YOUR OBJECTIVE: Search the entries below for the string "since" and give the number of lines that hold it, nothing else.

DATA FOR REVIEW:
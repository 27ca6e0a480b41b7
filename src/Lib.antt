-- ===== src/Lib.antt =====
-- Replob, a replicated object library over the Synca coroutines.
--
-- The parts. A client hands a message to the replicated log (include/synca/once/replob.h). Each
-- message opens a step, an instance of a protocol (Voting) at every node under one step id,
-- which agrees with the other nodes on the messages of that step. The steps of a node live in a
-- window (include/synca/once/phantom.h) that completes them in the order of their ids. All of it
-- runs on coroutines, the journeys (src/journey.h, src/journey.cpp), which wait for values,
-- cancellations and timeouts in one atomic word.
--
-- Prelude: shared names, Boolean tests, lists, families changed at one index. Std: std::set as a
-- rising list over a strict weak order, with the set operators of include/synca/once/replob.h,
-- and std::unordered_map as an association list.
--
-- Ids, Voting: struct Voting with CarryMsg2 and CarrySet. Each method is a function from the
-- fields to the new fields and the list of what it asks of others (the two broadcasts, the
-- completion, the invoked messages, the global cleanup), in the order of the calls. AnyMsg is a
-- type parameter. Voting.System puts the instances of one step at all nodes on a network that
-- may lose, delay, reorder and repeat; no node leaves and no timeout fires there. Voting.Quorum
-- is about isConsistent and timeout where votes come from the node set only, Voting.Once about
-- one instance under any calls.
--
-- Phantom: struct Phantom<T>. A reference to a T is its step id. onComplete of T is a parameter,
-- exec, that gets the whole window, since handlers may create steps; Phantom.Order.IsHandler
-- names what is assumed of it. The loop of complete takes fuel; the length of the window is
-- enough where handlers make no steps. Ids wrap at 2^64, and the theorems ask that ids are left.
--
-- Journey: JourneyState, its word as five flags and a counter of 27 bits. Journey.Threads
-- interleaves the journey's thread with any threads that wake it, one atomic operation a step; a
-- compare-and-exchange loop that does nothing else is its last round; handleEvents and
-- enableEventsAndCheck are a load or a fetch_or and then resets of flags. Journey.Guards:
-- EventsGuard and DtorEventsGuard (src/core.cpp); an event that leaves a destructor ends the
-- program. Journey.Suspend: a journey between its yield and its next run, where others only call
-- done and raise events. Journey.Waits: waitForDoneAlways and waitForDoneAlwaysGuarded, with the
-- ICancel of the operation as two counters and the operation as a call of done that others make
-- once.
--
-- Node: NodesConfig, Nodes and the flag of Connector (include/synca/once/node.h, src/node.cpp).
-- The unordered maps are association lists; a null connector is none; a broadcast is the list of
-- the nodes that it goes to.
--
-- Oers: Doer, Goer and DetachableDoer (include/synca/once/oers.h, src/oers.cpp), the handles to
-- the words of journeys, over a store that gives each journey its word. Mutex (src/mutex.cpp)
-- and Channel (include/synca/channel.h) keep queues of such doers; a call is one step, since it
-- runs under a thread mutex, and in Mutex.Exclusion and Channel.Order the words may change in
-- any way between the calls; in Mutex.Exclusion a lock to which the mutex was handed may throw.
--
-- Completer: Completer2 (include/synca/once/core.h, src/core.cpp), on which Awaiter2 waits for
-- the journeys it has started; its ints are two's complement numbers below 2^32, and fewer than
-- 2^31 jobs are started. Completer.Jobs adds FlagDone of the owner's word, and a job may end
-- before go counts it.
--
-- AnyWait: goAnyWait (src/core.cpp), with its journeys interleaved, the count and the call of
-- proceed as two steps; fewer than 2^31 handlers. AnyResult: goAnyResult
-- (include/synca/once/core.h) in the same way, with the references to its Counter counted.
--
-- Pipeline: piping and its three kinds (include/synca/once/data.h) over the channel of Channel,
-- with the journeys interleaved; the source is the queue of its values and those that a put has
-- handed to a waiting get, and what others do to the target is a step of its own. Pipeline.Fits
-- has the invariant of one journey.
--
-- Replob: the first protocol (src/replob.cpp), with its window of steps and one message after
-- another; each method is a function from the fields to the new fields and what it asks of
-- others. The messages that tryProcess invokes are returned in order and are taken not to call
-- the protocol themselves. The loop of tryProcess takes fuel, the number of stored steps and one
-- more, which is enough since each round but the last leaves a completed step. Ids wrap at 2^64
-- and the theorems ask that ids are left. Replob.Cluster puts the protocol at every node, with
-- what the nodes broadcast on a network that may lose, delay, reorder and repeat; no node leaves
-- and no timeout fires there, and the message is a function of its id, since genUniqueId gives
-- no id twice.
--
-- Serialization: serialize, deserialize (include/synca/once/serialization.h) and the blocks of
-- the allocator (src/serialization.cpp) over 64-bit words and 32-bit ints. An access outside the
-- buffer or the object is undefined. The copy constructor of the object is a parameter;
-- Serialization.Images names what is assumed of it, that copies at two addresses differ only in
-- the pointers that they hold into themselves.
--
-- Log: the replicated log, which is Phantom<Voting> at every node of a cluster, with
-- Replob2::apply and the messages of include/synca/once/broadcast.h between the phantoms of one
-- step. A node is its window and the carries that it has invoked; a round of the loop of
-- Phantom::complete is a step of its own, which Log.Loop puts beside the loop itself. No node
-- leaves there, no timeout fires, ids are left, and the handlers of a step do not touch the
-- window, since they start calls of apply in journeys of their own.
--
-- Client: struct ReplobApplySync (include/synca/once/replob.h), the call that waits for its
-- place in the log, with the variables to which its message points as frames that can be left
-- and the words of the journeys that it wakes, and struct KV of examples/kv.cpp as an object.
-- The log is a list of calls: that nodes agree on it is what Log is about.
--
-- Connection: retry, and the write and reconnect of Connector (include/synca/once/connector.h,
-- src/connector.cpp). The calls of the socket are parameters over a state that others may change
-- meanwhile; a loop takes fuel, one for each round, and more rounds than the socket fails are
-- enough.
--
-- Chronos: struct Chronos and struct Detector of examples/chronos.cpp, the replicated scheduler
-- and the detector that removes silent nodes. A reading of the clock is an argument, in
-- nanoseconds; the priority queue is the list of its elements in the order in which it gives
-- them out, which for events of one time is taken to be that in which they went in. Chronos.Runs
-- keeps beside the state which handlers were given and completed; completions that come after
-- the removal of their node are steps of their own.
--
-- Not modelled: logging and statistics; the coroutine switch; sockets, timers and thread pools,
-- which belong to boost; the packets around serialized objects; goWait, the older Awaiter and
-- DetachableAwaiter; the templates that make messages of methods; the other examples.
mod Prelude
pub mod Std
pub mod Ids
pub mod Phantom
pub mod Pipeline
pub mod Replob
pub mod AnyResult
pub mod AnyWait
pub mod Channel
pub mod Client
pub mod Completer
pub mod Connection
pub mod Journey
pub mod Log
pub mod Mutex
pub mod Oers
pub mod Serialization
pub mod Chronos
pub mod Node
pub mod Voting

FINISHED EXERCISE: 5